Question 13: What is the relationship of hope and the classroom? Do you see them having a relationship?

Marian: Yes, I think hope and the classroom go together. Hope creates an environment where students feel like their growth is possible and their goals are within reach. It is necessary, especially if you want strong communication between professors and students. When there is hope in the classroom, students feel safe to take risks, ask questions, and be honest about their struggles.

Howard: The intrinsic idea of hope should serve as motivation. Students should actively engage in their courses rather than passively passing them.

Travis: I think if the professor wants it to be, they can create the conditions for students to have hope, laugh and be happy. I think this is helpful and although not necessary in the job description of being a professor, I believe it makes a generative classroom environment for students to want to learn and engage. I think that starts with having community and friendship in the classroom.

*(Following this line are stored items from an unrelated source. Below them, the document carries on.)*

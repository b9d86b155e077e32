-- ===== src/Integrity.antt =====
-- crates/omne-integrity-primitives/src/lib.rs: SHA-256 digests, their text form, and the comparison
-- of a content with an expected digest. The `sha2` and `serde_json` crates are parameters.
pub mod Hex
pub mod Reading
mod Tests
use mathlib.Core.Option
use omne_runtime.Base.{
  codes, ◌*◌, map_err, and_then, [], ◌∷◌, none, some, true, false, ◌>>=◌, ◌==◌, ◌-◌, ◌+◌, ◌&&◌, ◌%◌,
  text_eq, length, ◌/◌, ◌++◌, not, ltb, leb, err, ◌≡◌, ok, if◌then◌else◌, ℕ, Text, Result, Option,
  List, Bytes,
}
use mathlib.Core.Option.{none}
use omne_runtime.Gateway.Error.{IoError}
use omne_runtime.Text.{strip_prefix, to_ascii_lowercase, trim, as_bytes}

-- `sha2::Sha256`
pub record Sha256 : Type 1 where
  pub State : Type 0
  pub fresh : State
  pub absorb : State → Bytes → State
  pub digest : State → Bytes

-- Documented of `sha2::Digest`: a digest depends on the bytes that were fed alone, and has 32 bytes.
pub record IsSha256 (sha : Sha256) : Type 0 where
  pub absorb_empty : (s : sha.State) → sha.absorb s [] ≡ s
  pub absorb_append :
      (s : sha.State) (a b : Bytes) → sha.absorb (sha.absorb s a) b ≡ sha.absorb s (a ++ b)
  pub digest_length : (s : sha.State) → length (sha.digest s) ≡ 32

-- `Sha256Digest`, which holds `[u8; 32]`
pub record Sha256Digest : Type 0 where
  pub bytes : Bytes

-- `Sha256Hasher`
pub record Sha256Hasher (sha : Sha256) : Type 0 where
  pub inner : sha.State

pub record VerifySha256Error : Type 0 where
  pub expected : Sha256Digest
  pub actual : Sha256Digest

pub data VerifySha256ReaderError : Type 0 where
  read_error : IoError → VerifySha256ReaderError
  mismatch : VerifySha256Error → VerifySha256ReaderError

-- `sha256_digest_from_bytes`, whose `copy_from_slice` needs 32 bytes
unfoldable pub sha256_digest_from_bytes : Bytes → Sha256Digest
sha256_digest_from_bytes bytes = record { bytes = bytes }

unfoldable pub hex_digit : ℕ → ℕ
hex_digit n = if ltb n 10 then b'0' + n else b'a' + (n - 10)

-- `Sha256Digest::fmt`: two lower-case hexadecimal digits for a byte
unfoldable pub to_hex : Bytes → Text
to_hex [] = []
to_hex (byte ∷ bytes) = hex_digit (byte / 16) ∷ hex_digit (byte % 16) ∷ to_hex bytes

unfoldable pub to_string : Sha256Digest → Text
to_string digest = to_hex digest.bytes

unfoldable pub decode_hex_nibble : ℕ → Option ℕ
decode_hex_nibble byte =
    if leb b'0' byte && leb byte b'9'
    then some (byte - b'0')
    else if leb b'a' byte && leb byte b'f'
    then some (byte - b'a' + 10)
    else none

-- The loop of `decode_sha256_hex` over two digits at a time. A nibble is below 16, so that
-- `(hi << 4) | lo` is `hi * 16 + lo`.
unfoldable pub decode_pairs : Bytes → Option Bytes
decode_pairs [] = some []
decode_pairs (first ∷ []) = none
decode_pairs (first ∷ second ∷ rest) =
    let decoded = decode_pairs rest in
    and_then (decode_hex_nibble first) λ hi.
      and_then (decode_hex_nibble second) λ lo. Option.map (λ out. (hi * 16 + lo) ∷ out) decoded

unfoldable pub decode_sha256_hex : Text → Option Sha256Digest
decode_sha256_hex raw =
    let bytes = as_bytes (to_ascii_lowercase (trim raw)) in
    if length bytes == 64
    then Option.map (λ out. record { bytes = out }) (decode_pairs bytes)
    else none

unfoldable pub parse_sha256_digest : Option Text → Option Sha256Digest
parse_sha256_digest none = none
parse_sha256_digest (some raw) =
    and_then (strip_prefix (codes "sha256:") (trim raw)) λ value. decode_sha256_hex (trim value)

unfoldable pub parse_sha256_user_input : Text → Option Sha256Digest
parse_sha256_user_input raw =
    let trimmed = trim raw in
    elim (parse_sha256_digest (some trimmed)) [
      | some digest ↦ some digest
      | none ↦ decode_sha256_hex trimmed
    ]

-- The answers that `Read::read` will give, in order: a chunk of the buffer that was filled, of no
-- byte at the end of the stream, or an error. The stream is at its end where no answer is left.
abbrev pub Reader : Type 0
Reader = List (Result IoError Bytes)

module _ (sha : Sha256) where
  unfoldable pub new : Sha256Hasher sha
  new = record { inner = sha.fresh }

  unfoldable pub update : Sha256Hasher sha → Bytes → Sha256Hasher sha
  update hasher bytes = record { inner = sha.absorb hasher.inner bytes }

  unfoldable pub finalize : Sha256Hasher sha → Sha256Digest
  finalize hasher = sha256_digest_from_bytes (sha.digest hasher.inner)

  unfoldable pub hash_sha256 : Bytes → Sha256Digest
  hash_sha256 content = finalize (update new content)

  abbrev pub chain_from : Option Text → Sha256Hasher sha
  chain_from none = new
  chain_from (some prev_hash) = update new (as_bytes prev_hash)

  -- `record_json` is what `serde_json::to_vec` answers for the record.
  unfoldable pub hash_sha256_json_chain {ℓ} :
      {JsonError : Type ℓ} → Option Text → Result JsonError Bytes → Result JsonError Sha256Digest
  hash_sha256_json_chain prev_hash record_json =
      let hasher = update (chain_from prev_hash) (b'\n' ∷ []) in
      do serialized ← record_json; ok (finalize (update hasher serialized))

  -- The loop of `hash_sha256_reader`.
  unfoldable pub read_loop : Sha256Hasher sha → Reader → Result IoError Sha256Digest
  read_loop hasher [] = ok (finalize hasher)
  read_loop hasher (err e ∷ answers) = err e
  read_loop hasher (ok [] ∷ answers) = ok (finalize hasher)
  read_loop hasher (ok (byte ∷ chunk) ∷ answers) = read_loop (update hasher (byte ∷ chunk)) answers

  unfoldable pub hash_sha256_reader : Reader → Result IoError Sha256Digest
  hash_sha256_reader reader = read_loop new reader

  unfoldable pub verify_sha256 : Bytes → Sha256Digest → Result VerifySha256Error (Unit {0})
  verify_sha256 content expected =
      let actual = hash_sha256 content in
      if not (text_eq actual.bytes expected.bytes)
      then err (record { expected = expected; actual = actual })
      else ok tt

  unfoldable pub verify_sha256_reader :
      Reader → Sha256Digest → Result VerifySha256ReaderError (Unit {0})
  verify_sha256_reader reader expected = do
    actual ← map_err (hash_sha256_reader reader) read_error
    if not (text_eq actual.bytes expected.bytes)
        then err (mismatch (record { expected = expected; actual = actual }))
        else ok tt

Question 14: Part 1: You attend school in a time in history where there is a lot of political unrest, how do you want to be supported during this time? Part 2: Do you see the classroom as a space where you want/expect that support? Part 3: What would/could that look like?

Marian:

I don’t expect to be supported emotionally during times of political unrest. What I expect is to be respected. I don’t necessarily see the classroom as the place where I need personal support, but I do believe it should be a space where my voice and opinions are treated with respect, even when they’re different from others. I want to be able to share my thoughts without being yelled at or made to feel like I’m wrong just because someone disagrees. What matters is having respectful conversations where disagreement is allowed as long as it is thoughtful and grounded in reason. The classroom should be a place where we practice how to have those kinds of respectful disagreements. That is the kind of environment that helps us grow not just as artists or students but as people.

Travis:

The support can be given indirectly, potentially only discussing politics if everyone agrees they are comfortable doing that. Also, I think it would help to create a classroom environment that is independent from political unrest.

Howard:

I feel if I were to be attending, I wish to learn about the political issue rather than being coddled by my peers, parents, or instructors, or forced to take a side. I don’t want any support in any political topic in terms of whether it is biased. I don’t want it unless I ask for it. More open-ended opinions in the classroom. I want people to share their political opinions/perspectives unemotionally, so that we can talk about them and understand them more easily.

Question 15: How do you feel about politics being talked about in the classroom?

Marian: I believe politics can be talked about in the classroom, as long as there is space for everyone to share their opinions respectfully and explain their reasoning.

I moved from Bolivia because of political unrest, so I understand how complicated and personal these conversations can be. I remember one time in school, there were only three or four of us in class because the rest of the students couldn’t make it due to the country beginning to go into lockdown. During that class, our Spanish teacher said, “Let’s not talk about politics.” That moment stuck with me. It felt like we were being told to ignore something real that was directly affecting our lives.

We don’t all have to agree, but we should be able to have meaningful conversations about what’s happening in the world around us. The classroom should be a place where we can listen to each other, express different views, and learn how to have respectful dialogue.

Howard: Classrooms should foster open discussion, encourage criticism, and promote understanding, rather than causing unrest as seen in social media and politics, where everyone wants to be right.

Travis: I think it should be addressed if everyone in the classroom wants to talk about it. If it is not unanimous, then it should not be talked about.